The same thing is in Russian - omission would not be understood: "Я *должен* тебе пять марок."


----------



## TriglavNationalPark

dihydrogen monoxide said:


> As for Slovene the same construction cannot be possible, in fact you could only say Pridem ti pet mark.



*"Pridem* ti pet mark"?  Is this regional slang? Even though I'm a native Slovenian speaker, I wouldn't even understand *priti* (= to come) in this sense.

Instead, I would say:

"*Dolžan/dol**žen* *sem* ti pet mark/evrov/dolarjev."

This is a very idiomatic construction in this context.

In any case, *biti dolžan/dol**žen *can't be omitted either.


----------



## Azori

It's not possible in Slovak: Dlžím/Dlhujem ti päť mariek.
or
Som ti dlžný/dlžná päť mariek.


----------



## TriglavNationalPark

Lior neith's response about Slovak reminded me of another way this can be phrased in Slovenian:

"*Dolgujem* ti pet mark."


----------



## Duya

dihydrogen monoxide said:


> BCS has a tendency to produce this kind of sentence:
> A: Ja tebi 5 maraka. (I owe you 5 marks.),



I'd say that "tendency" is quite an overstatement here. Without context, I'd parse "ja tebi 5 maraka" as "I [will give] you 5 marks", not as "I [owe] you". In any case, it's very colloquial and bordering on slang.

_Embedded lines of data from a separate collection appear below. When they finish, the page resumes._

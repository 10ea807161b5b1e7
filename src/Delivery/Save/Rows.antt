-- ===== src/Delivery/Save/Rows.antt =====
-- What `save_article` leaves in the tables.
use daily_firehose.Common.{
  ℕ, ◌+◌, ◌≤◌, ◌≡◌, refl, ◌∙◌, Bool, true, false, List, [], ◌∷◌, count, count-map, arith, ◌==◌,
  ==_iff, ==-self, Bool-cases, inl, inr, Result, ok, err,
}
use daily_firehose.Delivery.Row.{Article, SavedArticle, LinkdingDelivery, Store}
use daily_firehose.Delivery.Json.{Fields}
use daily_firehose.Delivery.Remote.{Exc, Env}
use daily_firehose.Delivery.Exchange.{deliver_bookmark}
use daily_firehose.Delivery.Attempt.{
  Settings, is_succeeded, begin_attempt, record_failure, record_success, record_outcome, persist,
  save_row, project_row, attempt_linkding_delivery,
}
use daily_firehose.Delivery.Save.{
  save_not_allowed, is_newsletter, is_save_of, update_or_create, update_saved, create_saved,
  projected, requeue, create_delivery, record_intent, save_article,
}

module _ {ℓ} {A : Type ℓ} (fits : A → Bool) (update : A → A) (created : A)
    (kept : (x : A) → fits (update x) ≡ fits x) (made : fits created ≡ true) where
  update_or_create-fits :
      (rows : List A) → fits (update_or_create fits update created rows).1 ≡ true
  unfolding update_or_create
  update_or_create-fits [] = made
  update_or_create-fits (row ∷ rows) = elim (Bool-cases (fits row)) [
    | inl q ↦ rw q (kept row ∙ q)
    | inr q ↦ rw q (update_or_create-fits rows)
  ]

  count-update_or_create :
      (rows : List A)
      → count fits rows ≤ 1
      → count fits (update_or_create fits update created rows).0 ≡ 1
  unfolding update_or_create
  count-update_or_create [] h = rw made
  count-update_or_create (row ∷ rows) h = elim (Bool-cases (fits row)) [
    | inl q ↦ rw q (rw (kept row) (ground arith))
    | inr q ↦ rw q (rw q (omega (arith, count-update_or_create rows (ground arith))))
  ]

-- The deliveries of the saved article with this key.
abbrev pub deliveries_of : ℕ → Store → ℕ
deliveries_of saved store = count (λ d. d.saved_article == saved) store.deliveries

abbrev pub saves_of : ℕ → Article → Store → ℕ
saves_of user article store = count (is_save_of user article) store.saved_articles

-- No user has saved an article twice, and no saved article is delivered twice: the unique
-- constraints of the two tables.
pub record IsUnique (user : ℕ) (article : Article) (store : Store) : Type 0 where
  pub one_save : saves_of user article store ≤ 1
  pub one_delivery : (saved : ℕ) → deliveries_of saved store ≤ 1

-- The row that the transaction answers starts without attempts, found or new.
update_or_create-fresh :
    (fits : LinkdingDelivery → Bool) (next now : ℕ) (article : Article) (created : LinkdingDelivery)
    (rows : List LinkdingDelivery)
    → created.attempts ≡ 0
    → (update_or_create fits (requeue next now article) created rows).1.attempts ≡ 0
unfolding update_or_create
update_or_create-fresh fits next now article created [] h = h
update_or_create-fresh fits next now article created (row ∷ rows) h = elim (Bool-cases (fits row)) [
  | inl q ↦ rw q (unfold requeue in refl)
  | inr q ↦ rw q (update_or_create-fresh fits next now article created rows h)
]

module _ (now next later user : ℕ) (article : Article) (store : Store)
    (unique : IsUnique user article store) where
  record_intent-rows :
      let ((saved, delivery), store') = record_intent now next later user article store in
      (saves_of user article store' ≡ 1)
      × (is_save_of user article saved ≡ true)
      × (deliveries_of saved.id store' ≡ 1)
      × ((delivery.saved_article == saved.id) ≡ true)
      × (delivery.attempts ≡ 0)
  unfolding record_intent
  record_intent-rows =
      let saved_created = create_saved store.next_id now user article in
      let saved =
        (update_or_create (is_save_of user article) (update_saved now article) saved_created
          store.saved_articles).1 in
      let fits = λ (d : LinkdingDelivery). d.saved_article == saved.id in
      let created = create_delivery (store.next_id + 1) saved.id next later article in
      (
        count-update_or_create (is_save_of user article) (update_saved now article) saved_created
            (λ s. unfold update_saved in refl) (unfold create_saved in ground arith)
            store.saved_articles unique.one_save,
        update_or_create-fits (is_save_of user article) (update_saved now article) saved_created
            (λ s. unfold update_saved in refl) (unfold create_saved in ground arith)
            store.saved_articles,
        count-update_or_create fits (requeue next later article) created
            (λ d. unfold requeue in refl) (unfold create_delivery in ==-self saved.id)
            store.deliveries (unique.one_delivery saved.id),
        update_or_create-fits fits (requeue next later article) created
            (λ d. unfold requeue in refl) (unfold create_delivery in ==-self saved.id)
            store.deliveries,
        update_or_create-fresh fits next later article created store.deliveries
            (unfold create_delivery in refl),
      )

-- The attempt changes no key of a row.
save_row_keeps :
    (d : LinkdingDelivery) (key : ℕ) (row : LinkdingDelivery)
    → ((save_row d row).saved_article == key) ≡ (row.saved_article == key)
unfolding save_row
save_row_keeps d key row = ground arith

project_row_keeps :
    (now : ℕ) (d : LinkdingDelivery) (user : ℕ) (article : Article) (s : SavedArticle)
    → is_save_of user article (project_row now d s) ≡ is_save_of user article s
unfolding project_row
project_row_keeps now d user article s = elim (Bool-cases (s.id == d.saved_article)) [
  | inl q ↦ rw (q, project_row)
  | inr q ↦ rw (q, project_row)
]

module _ {W : Type 0} (env : Env W) (settings : Settings) where
  attempt_keeps :
      (user key : ℕ) (kept article : Article) (d : LinkdingDelivery) (store : Store) (w : W)
      → let store' = (attempt_linkding_delivery env settings article d store w).0.1 in
        (saves_of user kept store' ≡ saves_of user kept store)
        × (deliveries_of key store' ≡ deliveries_of key store)
  unfolding attempt_linkding_delivery persist
  attempt_keeps user key kept article d store w = (
    count-map (is_save_of user kept) (project_row _ _) store.saved_articles
        (project_row_keeps _ _ user kept),
    count-map (λ r. r.saved_article == key) (save_row _) store.deliveries (save_row_keeps _ key),
  )

  record_outcome_keys :
      (now : ℕ) (outcome : Result Exc Fields) (d : LinkdingDelivery)
      → let d' = record_outcome env settings now outcome d in
        (d'.saved_article ≡ d.saved_article) × (d'.attempts ≡ d.attempts)
  unfolding record_outcome record_failure record_success
  record_outcome_keys now (ok bookmark) d = (refl, refl)
  record_outcome_keys now (err e) d = ground arith

  attempt_row :
      (article : Article) (d : LinkdingDelivery) (store : Store) (w : W)
      → let d' = (attempt_linkding_delivery env settings article d store w).0.0 in
        (d'.saved_article ≡ d.saved_article) × (d'.attempts ≡ d.attempts + 1)
  unfolding attempt_linkding_delivery begin_attempt persist
  attempt_row article d store w =
      let (now, w1) = env.now w in
      let begun = begin_attempt now d in
      let (outcome, w2) = deliver_bookmark env settings.base_url settings.token article begun w1 in
      record_outcome_keys now outcome begun

  -- A newsletter article is refused, with no table, clock or network touched.
  pub save_article-newsletter :
      (user : ℕ) (article : Article) (store : Store) (w : W)
      → is_newsletter store article ≡ true
      → save_article env settings user article store w ≡ ((err save_not_allowed, store), w)
  unfolding save_article
  save_article-newsletter user article store w h = rw h

  -- Saving an article that is no newsletter answers a saved row of this user and article and its
  -- delivery, which has been attempted once, whatever attempts an earlier save had used up. The
  -- answered row shows the outcome of that attempt.
  -- The tables then hold exactly one such saved row and exactly one delivery of it, if their
  -- unique constraints held before.
  pub save_article-rows :
      (user : ℕ) (article : Article) (store : Store) (w : W)
      → IsUnique user article store
      → is_newsletter store article ≡ false
      → let ((result, store'), w') = save_article env settings user article store w in
        (saves_of user article store' ≡ 1)
        × ((saved : SavedArticle) × (delivery : LinkdingDelivery) × (result ≡ ok (saved, delivery))
            × (is_save_of user article saved ≡ true)
            × (deliveries_of saved.id store' ≡ 1)
            × (delivery.saved_article ≡ saved.id)
            × (delivery.attempts ≡ 1)
            × (saved.linkding_saved ≡ is_succeeded delivery.state)
            × (saved.linkding_error ≡ delivery.error_message))
  unfolding save_article projected
  save_article-rows user article store w unique plain =
      let (now, w1) = env.now w in
      let (next, w2) = env.now w1 in
      let (later, w3) = env.now w2 in
      let ((saved, delivery), store') = record_intent now next later user article store in
      let rows = record_intent-rows now next later user article store unique in
      let ((delivery', store''), w4) =
        attempt_linkding_delivery env settings article delivery store' w3 in
      let kept = attempt_keeps user saved.id article article delivery store' w3 in
      let row = attempt_row article delivery store' w3 in
      rw plain (
        kept.0 ∙ rows.0,
        (
          projected delivery' saved,
          delivery',
          refl,
          rows.1,
          kept.1 ∙ rows.2,
          row.0 ∙ (==_iff _ _).0 rows.3,
          row.1 ∙ omega (arith, rows.4),
          refl,
          refl,
        ),
      )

Even in informal registers, one would normally say "dođem ti 5 maraka".


----------



## dihydrogen monoxide

Duya said:


> I'd say that "tendency" is quite an overstatement here. Without context, I'd parse "ja tebi 5 maraka" as "I [will give] you 5 marks", not as "I [owe] you". In any case, it's very colloquial and bordering on slang.
> 
> Even in informal registers, one would normally say "dođem ti 5 maraka".


 
Why is the verb ommited? And why only in BCS?


----------



## Duya

dihydrogen monoxide said:


> Why is the verb ommited?



Because of natural tendency of the language to drop elements perceived as redundant. But the omitted verb is usually "give", not "owe" in this context. Thus, for example:

_Ja tebi pare, ti meni telefon, i svi zadovoljni.

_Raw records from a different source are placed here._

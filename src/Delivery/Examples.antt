-- ===== src/Delivery/Examples.antt =====
-- The delivery code on a small store, and the theorems at it: a Linkding that always acknowledges,
-- and one that is down.
use daily_firehose.Common.{
  ℕ, ◌+◌, ◌≤◌, ◌≡◌, refl, true, false, none, some, [], ◌∷◌, arith, ok, err, Result, str_eq,
  if◌then◌else◌, All,
}
use daily_firehose.Delivery.Row.{
  Article, SavedArticle, LinkdingDelivery, Store, queued, permanent_failed, transient_failed,
  is_retryable,
}
use daily_firehose.Delivery.Json.{Json, Fields, field, no_fields, object, text, integer}
use daily_firehose.Delivery.Remote.{Env, Exc, Response}
use daily_firehose.Delivery.Exchange.{
  save_to_linkding, deliver_bookmark, same_bookmark_url, classify_linkding_error,
}
use daily_firehose.Delivery.Attempt.{Settings, is_succeeded, attempt_linkding_delivery}
use daily_firehose.Delivery.Attempt.Constraints.{Accepted, Mirrors, attempt-Accepted}
use daily_firehose.Delivery.Attempt.Progress.{retry_until_settled, retries_settle}
use daily_firehose.Delivery.Drain.{claim_delivery, deliver_pending_saved_articles}
use daily_firehose.Delivery.Drain.Claim.{claim-claim}
use daily_firehose.Delivery.Drain.Tally.{drain-Accepted}
use daily_firehose.Delivery.Save.{save_article, is_newsletter, is_save_of}
use daily_firehose.Delivery.Save.Rows.{IsUnique, saves_of, deliveries_of, save_article-rows}

abbrev story : Article
story = record {
  id = 7;
  feed = 1;
  category = none;
  url = "https://example.com/a";
  title = "A story";
  summary = "Comments";
}

abbrev bookmark : Fields
bookmark = field "url" (text "https://example.com/a") (field "id" (integer false 12) no_fields)

abbrev answer : Json → Response
answer body = record { status_code = 200; raise_for_status = none; json = ok body }

abbrev timed_out : Exc
timed_out = record {
  is_not_configured = false;
  is_url_mismatch = false;
  is_timeout = true;
  is_connection_error = false;
  is_http_error = false;
  is_value_error = false;
  is_request_exception = true;
  status = none;
  message = "timed out";
}

abbrev bad_url : Exc
bad_url = record timed_out {
  is_timeout = false;
  is_value_error = true;
  is_request_exception = false;
  message = "Invalid IPv6 URL";
}

-- The world is the clock, which each reading and each request moves on.
abbrev world : Result Exc Response → Result Exc Response → Env ℕ
world posted found = record {
  now = λ w. (w, w + 1);
  post = λ endpoint token bookmark w. (posted, w + 10);
  fetch = λ endpoint token url w. (found, w + 10);
  urlsplit = λ url.
      if str_eq url "http://["
      then err bad_url
      else ok (record {
        scheme = "https";
        netloc = "example.com";
        path = url;
        query = "";
        fragment = "";
      });
  urlunsplit = λ parts. parts.path;
  strip = λ s. s;
  lower = λ s. s;
  text_parts = λ s. s ∷ [];
  repr = λ j. "12";
  quote = λ s. s;
}

abbrev answering : Env ℕ
answering =
    world (ok (answer (object bookmark)))
      (ok (answer (object (field "bookmark" (object bookmark) no_fields))))

abbrev down : Env ℕ
down = world (err timed_out) (err timed_out)

abbrev settings : Settings
settings = record { base_url = "https://links.example/"; token = "secret"; max_attempts = 3 }

abbrev owed : LinkdingDelivery
owed = record {
  id = 3;
  saved_article = 2;
  url = "https://example.com/a";
  state = queued;
  attempts = 0;
  last_attempt_at = none;
  next_attempt_at = some 100;
  delivered_at = none;
  bookmark_id = "";
  error_class = none;
  error_message = "";
  created_at = 100;
  updated_at = 100;
}

abbrev saved_row : SavedArticle
saved_row = record {
  id = 2;
  user = 1;
  article = 7;
  url = "https://example.com/a";
  title = "A story";
  feed = some 1;
  category = none;
  linkding_saved = false;
  linkding_error = "";
  saved_at = 100;
  updated_at = 100;
}

abbrev shelf : Store
shelf = record {
  articles = story ∷ [];
  newsletters = 9 ∷ [];
  saved_articles = saved_row ∷ [];
  deliveries = owed ∷ [];
  next_id = 4;
}

abbrev undisturbed : ℕ → Store → Store
undisturbed w store = store

-- A delivery against a Linkding that is down backs off five minutes, then fails for good.
first_failure :
    (attempt_linkding_delivery down settings story owed shelf 200).0.0.state ≡ transient_failed
unfolding attempt_linkding_delivery deliver_bookmark save_to_linkding classify_linkding_error
first_failure = refl

delivered :
    (deliver_pending_saved_articles answering settings undisturbed none shelf 200).0.0.succeeded ≡ 1
unfolding deliver_pending_saved_articles attempt_linkding_delivery deliver_bookmark save_to_linkding
    same_bookmark_url
delivered = refl

claim-claim_example :
    claim_delivery owed 300 (claim_delivery owed 200 shelf).1
    ≡ (false, (claim_delivery owed 200 shelf).1)
claim-claim_example = claim-claim owed 100 200 300 shelf refl (omega arith)

-- a delivery that is owed, and one that has failed for good
abbrev two_deliveries : Store
two_deliveries = record shelf {
  deliveries = owed ∷ record owed { id = 5; state = permanent_failed; next_attempt_at = none } ∷ [];
}

drain-Accepted_example :
    All Accepted
      (deliver_pending_saved_articles down settings undisturbed none shelf 200).0.1.deliveries
drain-Accepted_example =
    drain-Accepted down settings undisturbed (λ w store h. h) none shelf 200 (refl, tt)

shelf-IsUnique : IsUnique 1 story shelf
shelf-IsUnique = record { one_save = omega arith; one_delivery = λ saved. ground arith }

save_article-rows_example :
    let ((result, store'), w') = save_article down settings 1 story shelf 200 in
    (saves_of 1 story store' ≡ 1)
    × ((saved : SavedArticle) × (delivery : LinkdingDelivery) × (result ≡ ok (saved, delivery))
        × (is_save_of 1 story saved ≡ true)
        × (deliveries_of saved.id store' ≡ 1)
        × (delivery.saved_article ≡ saved.id)
        × (delivery.attempts ≡ 1)
        × (saved.linkding_saved ≡ is_succeeded delivery.state)
        × (saved.linkding_error ≡ delivery.error_message))
save_article-rows_example =
    save_article-rows down settings 1 story shelf 200 shelf-IsUnique (unfold is_newsletter in refl)

abbrev issue : Article
issue = record story { id = 9 }

attempt-Accepted_example :
    Accepted (attempt_linkding_delivery down settings story owed shelf 200).0.0
    × All Accepted (attempt_linkding_delivery down settings story owed shelf 200).0.1.deliveries
    × All
        (Mirrors (attempt_linkding_delivery down settings story owed shelf 200).0.0)
        (attempt_linkding_delivery down settings story owed shelf 200).0.1.saved_articles
attempt-Accepted_example = attempt-Accepted down settings story owed shelf 200 (refl, tt)

retries_settle_example :
    (is_retryable (retry_until_settled down settings 3 story owed shelf 200).0.0.state ≡ false)
    × ((retry_until_settled down settings 3 story owed shelf 200).0.0.attempts ≤ 3)
retries_settle_example =
    retries_settle down settings 3 story owed shelf 200 (omega arith) (omega arith)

_is aperfectly common colloquial expression.



dihydrogen monoxide said:


> And why only in BCS?



If you change the target from "owe" to "give", I bet you will encounter similar examples in other Slavic languages. But then, I'm not sure.


----------



## TriglavNationalPark

Duya said:


> Because of natural tendency of the language to drop elements perceived as redundant. But the omitted verb is usually "give", not "owe" in this context. Thus, for example:
> 
> _Ja tebi pare, ti meni telefon, i svi zadovoljni._



This same omission (of *dati *= to give) is also common in colloquial Slovenian:

"Jaz tebi denar, ti meni telefon, pa bova oba zadovoljna." (Idiomatically: "...pa sva bot" or "...pa sva kvit.")


----------



## texpert

lior neith said:


> It's not possible in Slovak: Dlžím/Dlhujem ti päť mariek.
> or
> Som ti dlžný/dlžná päť mariek.


 

It's not possible in CZ either, but the colloquial form is "*viset*" (to hang).
_Visím ti pět marek _(I hang five mark to you, dlužím ti pět marek). Any paralles?


----------



## cajzl

In Czech it is possible only in context, e.g.: - Dlužím ti pět korun. - A já tobě pět marek. /// But also: - Dal/vzal/ukradl jsem ti pět korun. - A já tobě pět marek. //// Another common ellipses: Jak ty mně, tak já tobě. -- Dnes mně, zítra tobě.


----------



## WannaBeMe

It is not possible in Serbian or Croatian or all other variations of it (but if you have heard it, it must have been Bosniac language). 
Normaly one would say:

Dugujem ti pet maraka.
Dužan sam ti pet maraka.

or coloquial:

Dodjem ti pet maraka / marki.


----------



## .Jordi.

cajzl said:


> In Czech it is possible only in context, e.g.: - Dlužím ti pět korun. - A já tobě pět marek. /// But also: - Dal/vzal/ukradl jsem ti pět korun. - A já tobě pět marek. //// Another common ellipses: Jak ty mně, tak já tobě. -- Dnes mně, zítra tobě.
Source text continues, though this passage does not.